→ **TASK DESCRIPTION**
Report how many lines in the following entries contain "Seen". Nothing else should be given.

Extracted records:

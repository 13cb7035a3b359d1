-- ===== src/Examples/Waiting.antt =====
-- Waits for an SMS, and the decoding of snapshots, at concrete values (src/poll.rs, src/api/sms.rs,
-- src/de.rs).
use smspool_sdk.Prelude.{
  ◌≤◌, max, ◌≡◌, refl, ◌↔◌, true, false, String, none, some, ok, err, arith, ◌==◌, if◌then◌else◌,
  is_empty,
}
use smspool_sdk.Json.{pos, boolean}
use smspool_sdk.Error.{transport, connect}
use smspool_sdk.Transport.Io.{done, failed}
use smspool_sdk.Transport.Rules.{IsSettled}
use smspool_sdk.Types.{StatusValue, order_id, Identifier}
use smspool_sdk.Types.De.{bool_from_value, decode_identifier, from_value}
use smspool_sdk.Types.De.Laws.{
  StandsFor, bool_from_value_iff, Names, decode_identifier_iff, Shows, from_value-Shows,
}
use smspool_sdk.Api.Sms.Check.{ReceivedSms, SmsCheckWire, Snapshot, sms_check_of}
use smspool_sdk.Api.Sms.Check.Laws.{Reflects, sms_check_of-Reflects}
use smspool_sdk.Poll.Orders.{SmsCheck, pending, received}
use smspool_sdk.Poll.Delay.{PollOptions, polling_delay}
use smspool_sdk.Poll.Wait.{
  PollError, client, Checks, CodePollResult, wait_for_sms, wait_for_code_with,
}
use smspool_sdk.Poll.Wait.Answer.{IsAnswer, Explains, wait_for_sms-IsAnswer, wait_for_sms-Explains}
use smspool_sdk.Poll.Wait.Ending.{wait_for_sms-IsSettled}
use smspool_sdk.Poll.Wait.Delivery.{DeliversAt, wait_for_sms-delivers}
use smspool_sdk.Poll.Wait.Code.{FitsCheck, wait_for_code_with-fits}
use smspool_sdk.Examples.Crates.{json, floats, Document, flag}
use smspool_sdk.Examples.Polling.{test_options}

abbrev sms : ReceivedSms Document
sms = record {
  expiration = none;
  full_sms = none;
  sms = some (record { expose = "code 123" });
  status = StatusValue.integer (pos 3);
}

abbrev Seen : Type 0
Seen = SmsCheck Unit (ReceivedSms Document) Unit

-- A pending snapshot, then the SMS.
abbrev arriving : Checks Unit (ReceivedSms Document) Unit Document
arriving = record {
  check = λ k. record { takes = 1; answer = ok (if k == 1 then received sms else pending tt) };
  draw = λ k. 0;
}

abbrev refused : Checks Unit (ReceivedSms Document) Unit Document
refused = record {
  check = λ k. record { takes = 1; answer = err (transport "sms.check" connect) };
  draw = λ k. 0;
}

arrives : (wait_for_sms floats test_options arriving 0).exit ≡ done (received sms)
unfolding wait_for_sms smspool_sdk.Poll.Wait.wait_loop polling_delay smspool_sdk.Poll.Delay.jitter
    smspool_sdk.Poll.Delay.advance_interval
arrives = refl

fails :
    (wait_for_sms floats test_options refused 0).exit
    ≡ failed (client (transport "sms.check" connect))
unfolding wait_for_sms smspool_sdk.Poll.Wait.wait_loop
fails = refl

wait_for_sms-IsAnswer_example : IsAnswer floats test_options arriving (received sms)
wait_for_sms-IsAnswer_example =
    wait_for_sms-IsAnswer floats test_options arriving 0 (received sms) arrives

wait_for_sms-Explains_example :
    Explains floats test_options refused
      (wait_for_sms floats test_options refused 0).now
      (client (transport "sms.check" connect))
wait_for_sms-Explains_example =
    wait_for_sms-Explains floats test_options refused 0 (client (transport "sms.check" connect))
      fails

wait_for_sms-IsSettled_example :
    IsSettled (wait_for_sms floats test_options arriving 0)
    × ((wait_for_sms floats test_options arriving 0).now ≤ max 0 1000)
wait_for_sms-IsSettled_example =
    wait_for_sms-IsSettled floats test_options arriving 0 (λ k. omega arith)

first : DeliversAt arriving 1 (received sms)
unfolding smspool_sdk.Api.Sms.Check.is_terminal
first = record { waits = λ k less. (tt, ground arith); answers = refl; is_last = refl }

wait_for_sms-delivers_example :
    (wait_for_sms floats test_options arriving 0).exit ≡ done (received sms)
wait_for_sms-delivers_example =
    wait_for_sms-delivers floats test_options arriving 1 1 0 (received sms) refl
      (λ k. (omega arith, omega arith)) first (omega arith)

abbrev found : CodePollResult Seen String
found = record { sms = received sms; code = some "code 123" }

finds : (wait_for_code_with (λ text. some text) floats test_options arriving 0).exit ≡ done found
unfolding wait_for_code_with wait_for_sms smspool_sdk.Poll.Wait.wait_loop polling_delay
    smspool_sdk.Poll.Delay.jitter smspool_sdk.Poll.Delay.advance_interval
    smspool_sdk.Poll.Wait.code_of
finds = refl

wait_for_code_with-fits_example :
    IsAnswer floats test_options arriving (received sms)
    × FitsCheck (λ text. some text) {P = Unit} {T = Unit} (received sms) (some "code 123")
wait_for_code_with-fits_example =
    wait_for_code_with-fits floats (λ text. some text) test_options arriving 0 found finds

bool_from_value_iff_example :
    (bool_from_value json (flag true) ≡ ok true) ↔ StandsFor json true (boolean true)
bool_from_value_iff_example = bool_from_value_iff json (flag true) true

abbrev order : Identifier order_id
order = record { as_str = "A1" }

decode_identifier_iff_example :
    (decode_identifier json order_id (flag true) ≡ ok order)
    ↔ (Names json "A1" (boolean true) × (is_empty "A1" ≡ false))
decode_identifier_iff_example = decode_identifier_iff json order_id (flag true) order

from_value-Shows_example : Shows json (flag true) (boolean true) (from_value json (flag true))
from_value-Shows_example = from_value-Shows json (flag true)

abbrev wire_sms : SmsCheckWire Document
wire_sms = record {
  expiration = none;
  resend = none;
  status = StatusValue.integer (pos 6);
  time_left = none;
  full_sms = none;
  sms = none;
  message = some "refunded";
}

sms_check_of-Reflects_example : Reflects wire_sms (sms_check_of wire_sms)
sms_check_of-Reflects_example = sms_check_of-Reflects wire_sms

→ **ANSWER TO THIS PROBLEM**
3